Em Liloan, uma cidade perto de Cebu onde 35 corpos foram encontrados em áreas inundadas, jornalistas da AFP viram carros empilhados uns sobre os outros pelas águas das enchentes e telhados arrancados, enquanto os moradores tentavam limpar a lama.

Christine Aton, uma mulher deficiente, perdeu a vida, presa em seu quarto enquanto as águas subiam dentro de sua casa.
“Tentamos forçar (a porta do quarto dela) com uma faca de cozinha e um pé-de-cabra, mas ela não se mexeu… Depois a geladeira começou a flutuar”, disse sua irmã, Michelle Aton, 29 anos, à AFP.
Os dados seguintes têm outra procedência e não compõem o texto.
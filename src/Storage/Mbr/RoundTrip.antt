-- ===== src/Storage/Mbr/RoundTrip.antt =====
-- A table that `MbrDevice::create` wrote is what `MbrDevice::open` reads.
use usbarmory_rust.Prelude.{
  ℕ, ◌+◌, ◌≡◌, refl, sym, ◌∙◌, ◌≢◌, some, [], ◌∷◌, ◌++◌, arith, length, drop,
}
use usbarmory_rust.Prelude.Bytes.{Bytes}
use usbarmory_rust.Prelude.Splice.{take-append, drop-append}
use usbarmory_rust.Prelude.Outcome.{ok, err}
use usbarmory_rust.Storage.Device.{ManagedBlockDevice, IsStore}
use usbarmory_rust.Storage.Table.{PartitionEntry, PartitionTable, Layout, to_block}
use usbarmory_rust.Storage.Table.Add.{Built, Built-Shape}
use usbarmory_rust.Storage.Mbr.{
  check_parts, MbrDevice, invalid_part_extent, create, open_mbr, open_block, open_entries,
  table_bytes,
}
use usbarmory_rust.Storage.Mbr.Open.{AllFit, check_parts_complete}
use usbarmory_rust.Storage.Mbr.BootBlock.{
  IsEntry, IsLayout, boot_code, flat, to_block_parts, length-flat,
}

abbrev table :
    PartitionEntry → PartitionEntry → PartitionEntry → PartitionEntry → ℕ → PartitionTable
table a b c d i = record { entries = a ∷ b ∷ c ∷ d ∷ []; index = i }

-- The two parts of such a block that `open` looks at.
module _ (f : Bytes) (size : length f ≡ 64) where
  end_bytes : drop 510 (boot_code ++ (f ++ 0x55 ∷ 0xAA ∷ [])) ≡ 0x55 ∷ 0xAA ∷ []
  end_bytes =
      drop-append boot_code (f ++ 0x55 ∷ 0xAA ∷ []) 510 64 refl
      ∙ drop-append f (0x55 ∷ 0xAA ∷ []) 64 0 (omega arith)

  entry_bytes : table_bytes (boot_code ++ (f ++ 0x55 ∷ 0xAA ∷ [])) ≡ f
  entry_bytes =
      rw
        (
          drop-append boot_code (f ++ 0x55 ∷ 0xAA ∷ []) 446 0 refl,
          take-append f (0x55 ∷ 0xAA ∷ []) 64 (sym size),
        )
        (take-append f _ 64 (sym size))

module _ {D E : Type 0} (dev : ManagedBlockDevice D E) (layout : Layout) where
  create_ok :
      (raw : D) (t : PartitionTable) {m : MbrDevice D}
      → create dev layout raw t ≡ ok m
      → ((dev.write raw (to_block layout t) 0).1 ≡ ok tt)
        × (m ≡ record { raw = (dev.write raw (to_block layout t) 0).0; part_table = t.entries })
  unfolding create
  create_ok raw t h = (ground arith, ground arith)

  -- `create` on a table that was built by `add` never reports an invalid extent, whatever the extents
  -- and the size of the device.
  pub create_unchecked :
      (raw : D) {t : PartitionTable} → Built t → create dev layout raw t ≢ err invalid_part_extent
  unfolding create
  create_unchecked raw b h = ground (arith, Built-Shape b)

  module _ (store : IsStore dev) (is_layout : IsLayout layout) where
    opened :
        (raw : D) (a b c d : PartitionEntry) (i : ℕ)
        → IsEntry a × IsEntry b × IsEntry c × IsEntry d
        → dev.read raw 0 ≡ ok (to_block layout (table a b c d i))
        → open_mbr dev layout raw ≡ open_entries dev layout raw (some (a ∷ b ∷ c ∷ d ∷ []))
    unfolding open_mbr open_block
    opened raw a b c d i entries e =
        rw
          (
            e,
            to_block_parts layout is_layout a b c d i,
            end_bytes (flat layout a b c d) (length-flat layout is_layout a b c d),
            entry_bytes (flat layout a b c d) (length-flat layout is_layout a b c d),
          )
          (unfold flat in rw (is_layout.back a b c d entries) refl)

    -- Over a device that stores blocks: what `create` wrote from a table of four entries is opened
    -- again with the same table, if the allocated partitions start behind the MBR and their ends are
    -- less than the number of blocks and than 2^32.
    pub open-create :
        (raw : D) (a b c d : PartitionEntry) (i : ℕ) {m : MbrDevice D}
        → IsEntry a × IsEntry b × IsEntry c × IsEntry d
        → AllFit (dev.total_blocks raw) (a ∷ b ∷ c ∷ d ∷ [])
        → create dev layout raw (table a b c d i) ≡ ok m
        → open_mbr dev layout m.raw ≡ ok m
    unfolding open_entries
    open-create raw a b c d i entries fit h =
        let (written, e) = create_ok raw (table a b c d i) h in
        let raw' : D = (dev.write raw (to_block layout (table a b c d i)) 0).0 in
        rw e (
          opened raw' a b c d i entries
            (store.read-write_self raw (to_block layout (table a b c d i)) 0 written)
          ∙ rw (
              check_parts_complete {E = E} (dev.total_blocks raw') (a ∷ b ∷ c ∷ d ∷ [])
                (rw store.total_blocks-write fit)))

    -- Over a device that stores blocks: when `create` has written a table whose first partition is
    -- allocated and ends with the last block of the device, `open` refuses what was written.
    pub open-create_full :
        (raw : D) (a b c d : PartitionEntry) (i : ℕ) {m : MbrDevice D}
        → IsEntry a × IsEntry b × IsEntry c × IsEntry d
        → a.part_type ≢ 0
        → a.start_lba + a.num_sectors ≡ dev.total_blocks raw
        → create dev layout raw (table a b c d i) ≡ ok m
        → open_mbr dev layout m.raw ≡ err invalid_part_extent
    unfolding open_entries check_parts
    open-create_full raw a b c d i entries taken reaches h =
        let (written, e) = create_ok raw (table a b c d i) h in
        let raw' : D = (dev.write raw (to_block layout (table a b c d i)) 0).0 in
        rw e (
          opened raw' a b c d i entries
            (store.read-write_self raw (to_block layout (table a b c d i)) 0 written)
          ∙ ground (arith, store.total_blocks-write raw (to_block layout (table a b c d i)) 0))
“Abri uma janela e meu pai e eu nadamos para fora. Estávamos chorando porque queríamos salvar minha irmã mais velha.” “Mas meu pai me disse que não havia nada que pudéssemos fazer por ela, que nós três poderíamos morrer”, explicou ela.
– Deslizamento de lama –

Na ilha vizinha de Negros, onde pelo menos 30 pessoas morreram, as chuvas torrenciais provocadas pelo tufão causaram um deslizamento de terra vulcânica que soterrou casas na cidade de Canlaon, disse o tenente da polícia Stephen Polinar à AFP na quarta-feira.
“As erupções do vulcão Kanlaon depositaram materiais vulcânicos desde o ano passado.” “Quando a chuva caiu, esses depósitos fluíram para as aldeias”, disse à AFP.
Seis tripulantes de um helicóptero militar que caiu durante uma missão de resgate estavam entre os mortos.
Em Talisay, onde um assentamento informal ao longo da margem de um rio foi destruído, Regie Mallorca, 26 anos, já está reconstruindo a sua casa.
“Vai levar tempo porque ainda não tenho dinheiro. Vai demorar meses”, disse ele, misturando cimento e areia nos escombros.
A região ao redor da cidade de Cebu foi inundada por 18,3 centímetros de chuva nas 24 horas anteriores à chegada de Kalmaegi, bem acima da média mensal de 13,1 centímetros, disse à AFP a especialista em meteorologia Charmagne Varilla.
O aquecimento global causado pela actividade humana está a tornar os fenómenos climáticos extremos mais frequentes, mais mortíferos e mais destrutivos, dizem os cientistas.
O tufão Kalmaegi, que se fortaleceu, dirige-se agora em direção ao Vietname, onde deverá chegar na noite de quinta-feira, provocando ondas até oito metros de altura, segundo o serviço meteorológico nacional.
O vice-primeiro-ministro vietnamita, Tran Hong Ha, alertou na quarta-feira que o tufão Kalmaegi era “perigoso e “muito anormal”, pedindo às autoridades locais que se preparassem para isso.
As Filipinas já sofreram 20 tempestades tropicais este ano com Kalmaegi.
O tufão Kalmaegi é o mais mortal deste ano nas Filipinas, de acordo com o EM-DAT, um banco de dados global de desastres naturais. No ano passado, o tufão Trami causou 191 mortes no arquipélago.